This strawberry, spinach, and farro salad is perfect for showcasing those late spring and early summer strawberries. Salads like this are also a great way to use farro, an ancient whole grain wheat that is packed with fiber and protein.
I’m back home after being away for 4 days for a nutrition conference in New Orleans. Leave it to me to spend way more time geeking out in seminars than on the streets of New Orleans (need to go back!), but not to worry, I did get my share of tasty Southern food while down there–from crawfish to catfish to beignets!
But after eating out for several days, my body is seriously craving fruits, veggies, and fiber! Perhaps that’s why I’m extra excited to share this Strawberry, Spinach, and Farro Salad with you today. It’s the perfect spring and summer side dish, whether for weeknight dinners, weekend cookouts, and leftover lunches.
Spotlight on Ancient Grains
This salad features farro, which is an ancient whole grain wheat that has a slightly nutty taste. While there’s still a lot of focus on quinoa–which I love–I’m glad that more grains are getting attention. There is such an array of grains and seeds out there–from farro to quinoa to sorghum to millet, all with slightly different nutrient compositions, but also with one thing in common: they are much healthier than the refined grains we typically fill our plates with!

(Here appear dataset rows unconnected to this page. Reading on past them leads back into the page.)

-- ===== src/Clients/Told.antt =====
-- `NewBlockAvailable` of src/htnstratum/client_handler.go: the difficulty that a client was sent.
use htn_stratum_bridge.Prelude.{
  ℕ, ℤ, ap, ◌≡◌, ◌∙◌, ◌⊎◌, inl, inr, refl, Bool, true, false, Option, none, some, List, [], ◌∷◌,
  ◌++◌, Bytes, is_empty, if◌then◌else◌, arith,
}
use mathlib.Core.Path.{subst}
use htn_stratum_bridge.Rpc.{Header, Block}
use htn_stratum_bridge.Hasher.{serialize_block_header}
use htn_stratum_bridge.Mining.{
  Diff, MiningState, mining_state_generator, add_job, remove_job, clear_jobs,
}
use htn_stratum_bridge.Clients.Job.{
  Action, Job, job_of, with_job, sends_difficulty, Sent, went_through, is_disconnected, failed,
  TemplateAnswer, template, error, Recipient, diff_actions, set_diff_value, send_client_diff,
  initialize, change_diff, apply_change, adjust, after_send, send_work, work, respond, give_up,
  notify, calculate_target,
}

module _ {F : Type 0} where
  -- The last difficulty that a client was sent, after one more action.
  abbrev hear : Option F → Action F → Option F
  hear o (sends_difficulty d) = some d
  hear o _ = o

  abbrev pub last_told : Option F → List (Action F) → Option F
  last_told o [] = o
  last_told o (a ∷ acts) = last_told (hear o a) acts

  last_told-append :
      (o : Option F) (xs ys : List (Action F))
      → last_told o (xs ++ ys) ≡ last_told (last_told o xs) ys
  last_told-append o [] ys = refl
  last_told-append o (x ∷ xs) ys = last_told-append (hear o x) xs ys

  -- The difficulty of the state, if there is one, is the last one sent.
  abbrev pub IsTold : MiningState F → Option F → Type 0
  IsTold s o =
      ((s.initialized ≡ false) × (s.stratum_diff ≡ none))
      ⊎ ((d : Diff F) × (s.initialized ≡ true)
          × (s.stratum_diff ≡ some d)
          × (o ≡ some d.diff_value))

  abbrev InForce : MiningState F → Option F → Type 0
  InForce s o =
      (d : Diff F) × (s.initialized ≡ true) × (s.stratum_diff ≡ some d) × (o ≡ some d.diff_value)

  last_told-diff_actions :
      (o : Option F) (d : F) (r : Sent) (rest : List (Action F))
      → last_told o (diff_actions d r ++ rest) ≡ last_told (some d) rest
  last_told-diff_actions o d went_through rest = refl
  last_told-diff_actions o d is_disconnected rest = refl
  last_told-diff_actions o d failed rest = refl

  initialize-InForce :
      (client : Recipient F) (s : MiningState F) (o : Option F)
      → client.solo_mining ≡ false
      → IsTold s o
      → let (s', acts) = initialize client s in InForce s' (last_told o acts)
  unfolding initialize send_client_diff set_diff_value
  initialize-InForce client s o pool (inl (new, nothing)) =
      rw (new, pool)
        (
          set_diff_value client.floats client.min_share_diff,
          refl,
          refl,
          last_told-diff_actions o client.min_share_diff
              (client.send_difficulty client.min_share_diff) _,
        )
  initialize-InForce client s o pool (inr (d, old, there, told)) = rw old (d, refl, there, told)

  change-InForce :
      (client : Recipient F) (d : F) (s : MiningState F) (o : Option F)
      → s.initialized ≡ true
      → let (s', acts) = change_diff client d s in InForce s' (last_told o acts)
  unfolding change_diff send_client_diff set_diff_value
  change-InForce client d s o old = (
    set_diff_value client.floats d,
    old,
    refl,
    last_told-diff_actions o d (client.send_difficulty d) _,
  )

  apply_change-InForce :
      (client : Recipient F) (solo : F) (change : Option F) (s : MiningState F) (o : Option F)
      → InForce s o
      → let (s', acts) = apply_change client solo change s in InForce s' (last_told o acts)
  apply_change-InForce client solo none s o h = h
  apply_change-InForce client solo (some d) s o (_, old, _, _) = change-InForce client d s o old

  adjust-InForce :
      (client : Recipient F) (s : MiningState F) (o : Option F)
      → InForce s o
      → let (s', acts) = adjust client s in InForce s' (last_told o acts)
  unfolding adjust
  adjust-InForce client s o (d, old, there, told) =
      rw there (
        apply_change-InForce client _ _ (record s { stratum_diff = some d }) o (d, old, refl, told))

  last_told-after_send : (o : Option F) (r : Sent) → last_told o (after_send r) ≡ o
  last_told-after_send o went_through = refl
  last_told-after_send o is_disconnected = refl
  last_told-after_send o failed = refl

  -- What a thread that ends leaves behind.
  abbrev Leaves : Option F → Option (MiningState F × List (Action F)) → Type 0
  Leaves o none = Unit
  Leaves o (some (s, acts)) = IsTold s (last_told o acts)

  with_job-Leaves :
      (client : Recipient F) (id : ℤ) (s : MiningState F) (before : List (Action F))
      (job : Option Job) (o : Option F)
      → InForce s (last_told o before)
      → Leaves o (with_job client id s before job)
  with_job-Leaves client id s before none o h = tt
  with_job-Leaves client id s before (some job) o (d, old, there, told) =
      inr (
        d,
        old,
        there,
        last_told-append o before _ ∙ (last_told-after_send _ client.send_job ∙ told),
      )

  send_work-Leaves :
      (client : Recipient F) (block : Block) (is_fee : Bool) (timestamp : ℕ) (header : Bytes)
      (s : MiningState F) (o : Option F)
      → client.solo_mining ≡ false
      → IsTold s o
      → Leaves o (send_work client block is_fee timestamp header s)
  unfolding send_work add_job
  send_work-Leaves client block is_fee timestamp header s o pool t =
      let (added, id) = add_job (some block) is_fee s in
      let (started, first) = initialize client added in
      let (adjusted, second) = adjust client started in
      let (d, old, there, told) =
        adjust-InForce client started (last_told o first)
          (initialize-InForce client added o pool t) in
      with_job-Leaves client id adjusted (first ++ second)
        (job_of adjusted.use_big_job header timestamp) o
        (d, old, there, last_told-append o first second ∙ told)

  work-Leaves :
      (client : Recipient F) (block : Block) (is_fee : Bool) (timestamp : ℕ) (header : Option Bytes)
      (s : MiningState F) (o : Option F)
      → client.solo_mining ≡ false
      → IsTold s o
      → Leaves o (work client block is_fee timestamp header s)
  work-Leaves client block is_fee timestamp none s o pool t = t
  work-Leaves client block is_fee timestamp (some header) s o pool t =
      send_work-Leaves client block is_fee timestamp header s o pool t

  last_told-give_up : (o : Option F) (b : Bool) → last_told o (give_up b) ≡ o
  last_told-give_up o true = refl
  last_told-give_up o false = refl

  respond-Leaves :
      (client : Recipient F) (s : MiningState F) (o : Option F) (answer : TemplateAnswer)
      → client.solo_mining ≡ false
      → IsTold s o
      → Leaves o (respond client s answer)
  unfolding respond
  respond-Leaves client s o (error true) pool t = t
  respond-Leaves client s o (error false) pool t = t
  respond-Leaves client s o (template none is_fee) pool t = tt
  respond-Leaves client s o (template (some block) is_fee) pool t = go block.header
    where
      go :
          (header : Option Header)
          → Leaves o (elim header [
            | none ↦ none
            | some h ↦
                let targeted = record s { big_diff = calculate_target h.bits } in
                work client block is_fee h.timestamp
                  (serialize_block_header client.blake3 h)
                  targeted
          ])
      go none = tt
      go (some h) =
          work-Leaves client block is_fee h.timestamp (serialize_block_header client.blake3 h)
            (record s { big_diff = calculate_target h.bits }) o pool t

  notify-Leaves :
      (client : Recipient F) (s : MiningState F) (o : Option F)
      → client.solo_mining ≡ false
      → IsTold s o
      → Leaves o (notify client s)
  unfolding notify
  notify-Leaves client s o pool t = go (is_empty client.wallet_addr)
    where
      go :
          (b : Bool)
          → Leaves o
              (if b then some (s, give_up client.timed_out) else respond client s client.answer)
      go true = rw (last_told-give_up o client.timed_out) t
      go false = respond-Leaves client s o client.answer pool t

module _ {F : Type 0} where
  -- What a client of a pool can have gone through, with the last difficulty it was sent: templates,
  -- and shares, which remove jobs.
  pub data Served : MiningState F → Option F → Type 0 where
    connects : (now : ℕ) → Served (mining_state_generator now) none
    is_notified :
        (client : Recipient F) (s s' : MiningState F) (o : Option F) (acts : List (Action F))
        → client.solo_mining ≡ false
        → Served s o
        → notify client s ≡ some (s', acts)
        → Served s' (last_told o acts)
    submits : (id : ℤ) (s : MiningState F) (o : Option F) → Served s o → Served (remove_job id s) o
    clears : (s : MiningState F) (o : Option F) → Served s o → Served (clear_jobs s) o

  Served-IsTold : (s : MiningState F) (o : Option F) → Served s o → IsTold s o
  unfolding mining_state_generator remove_job clear_jobs
  Served-IsTold s o (connects now) = inl (refl, refl)
  Served-IsTold s' o' (is_notified client s _ told acts pool before e) =
      subst (Leaves told) e (notify-Leaves client s told pool (Served-IsTold s told before))
  Served-IsTold s' o' (submits id s o before) = Served-IsTold s o before
  Served-IsTold s' o' (clears s o before) = Served-IsTold s o before

  -- In a pool, the difficulty that the shares of a client are judged by, if there is one, is the
  -- last one that was handed to the client's connection, after any sequence of templates and
  -- submitted shares.
  pub difficulty_told :
      (s : MiningState F) (o : Option F) (d : Diff F)
      → Served s o
      → s.stratum_diff ≡ some d
      → o ≡ some d.diff_value
  difficulty_told s o d served there = elim (Served-IsTold s o served) [
    | inl (new, nothing) ↦ absurd (ground arith)
    | inr (d', old, there', told) ↦
        let same : d' ≡ d = ground arith in told ∙ ap (λ x. some x.diff_value) same
  ]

So if you haven’t yet, give farro a try. Farro can vary in cooking time depending on its form, so your best bet is to follow the package instructions. But another method is to just treat it as pasta and cook until tender. Just know that it could take as long as 50 minutes to be ready depending on the type you have.
A Nutrient-Packed Salad
This salad offers a fun and healthy way to incorporate farro into your diet. Here are some of the nutritional benefits of this salad:
- Farro – contains more fiber and protein than more common whole grains such as whole wheat pasta and brown rice. One serving of Bobs Red Mill farro (1/4 cup uncooked) contains 7 grams fiber and 7 grams protein. It’s also a good source of magnesium, calcium, and iron.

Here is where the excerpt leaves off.